Because your Spark Streaming Applications uses the Resource Principal session
tokens to authenticate to Oracle Cloud Infrastructure resources,
you must create IAM policies authorizing
your applications before they can access these resources. Data Flow Runs are started on-demand so you
can't use the Run OCID in your IAM policy,
because it's not allocated until the Run starts. Instead, connect the Run's
resources to a permanent resource and reference it in your IAM policy. The two most common ways of
doing this are:
Parent Application ID
Connect the Data Flow Run to the
Data Flow Application that
created it, and put the Data Flow Application ID in the IAM Policy. To set permissions for a particular Application,
create a dynamic group that matches all Runs started from the
Application, and authorize the Dynamic Group to access IAM resources. Each Run
includes a tag associating it with its parent Application. You
can use this tag in a Dynamic Group matching rule.
Note
This
tag can't be used in an IAM "any-user" policy,
you must create a Dynamic Group.
For example, if you have a Data Flow Application with ID of
ocid1.dataflowapplication.oc1.iad.A, then
you create a dynamic
group:
ALL {resource.type='dataflowrun', tag.oci-dataflow.application-id.value='ocid1.dataflowapplication.oc1.iad.A'}
with the following
policies:
allow dynamic-group <dynamic_group_name> to manage objects in tenancy where all {
target.bucket.name='<bucket_name>'
}
allow dynamic-group <dynamic_group_name> to {STREAM_INSPECT, STREAM_READ, STREAM_CONSUME} in tenancy where all {
target.streampool.id='<streampool_id>'
}
Target Compartment ID
Connect the Data Flow Run to the
Compartment where Runs are created, and put the Compartment ID
in the IAM Policy. This
approach is less specific, because any Spark application run in
the Compartment gets access to these resources. If you plan to
use spark-submit via CLI, you must use this approach because
both Application ID and Run ID are on-demand.

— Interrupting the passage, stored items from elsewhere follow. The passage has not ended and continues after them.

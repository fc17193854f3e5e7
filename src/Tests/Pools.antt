-- ===== src/Tests/Pools.antt =====
-- A pool with two workers and three jobs, the last after the stop.
use edgy.Prelude.{ℕ, ◌≡◌, ◌++◌, true, List, [], ◌∷◌, refl}
use edgy.ThreadPool.{
  thread_pool, waiting_workers, all_returned, take_job, next, work, submit, request_stop,
}
use edgy.ThreadPool.Order.{
  first, starts, Event, submitted, worked, stopped, submit_or_throw, step, run, started, accepted,
  started-run,
}
use edgy.ThreadPool.Shutdown.{shutdown-started}

abbrev begin : List (Event ℕ)
begin = submitted 7 ∷ worked 1 ∷ submitted 8 ∷ stopped ∷ submitted 9 ∷ []

abbrev whole : List (Event ℕ)
whole = begin ++ worked 0 ∷ worked 1 ∷ worked 1 ∷ worked 0 ∷ worked 0 ∷ []

accepted_test : accepted (thread_pool 2) begin ≡ 7 ∷ 8 ∷ []
unfolding accepted thread_pool waiting_workers step submit_or_throw submit work next take_job
    request_stop
accepted_test = refl

started_test : started (thread_pool 2) begin ≡ 7 ∷ []
unfolding started thread_pool waiting_workers step submit_or_throw submit work next take_job
    request_stop starts first
started_test = refl

started-run_example :
    started (thread_pool 2) begin ++ (run (thread_pool 2) begin).shared.jobs
    ≡ (thread_pool 2).shared.jobs ++ accepted (thread_pool 2) begin
started-run_example = started-run (thread_pool 2) begin

shutdown-started_example :
    ((run (thread_pool 2) whole).shared.stop ≡ true)
    × ((run (thread_pool 2) whole).shared.pending ≡ 0)
    × (started (thread_pool 2) whole ≡ accepted (thread_pool 2) whole)
unfolding run thread_pool waiting_workers step submit_or_throw submit work next take_job
    request_stop all_returned
shutdown-started_example = shutdown-started 2 whole refl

For example, if you have a Run with ID
ocid1.dataflowrun.oc1.iad.R2 in a
compartment with the ID ocid1.tenancy.oc1.C,
then you would have the following policies:
allow any-user to manage objects in tenancy where all {
request.principal.type='dataflowrun',
request.compartment.id='ocid1.tenancy.oc1.C',
target.bucket.name='<bucket_name>'
}
allow any-user to {STREAM_INSPECT, STREAM_READ, STREAM_CONSUME} in tenancy where all {
request.principal.type='dataflowrun',
request.compartment.id='ocid1.tenancy.oc1.C',
target.streampool.id='<streampool_id>'
}
Connecting to Oracle Cloud Infrastructure Streaming
Learn how to connect to Oracle Cloud Infrastructure
Streaming.
Messages in a stream are retained for no less than 24 hours, and
no more than seven days.
All messages in a stream are deleted after the retention period
has expired, whether they have been read or not.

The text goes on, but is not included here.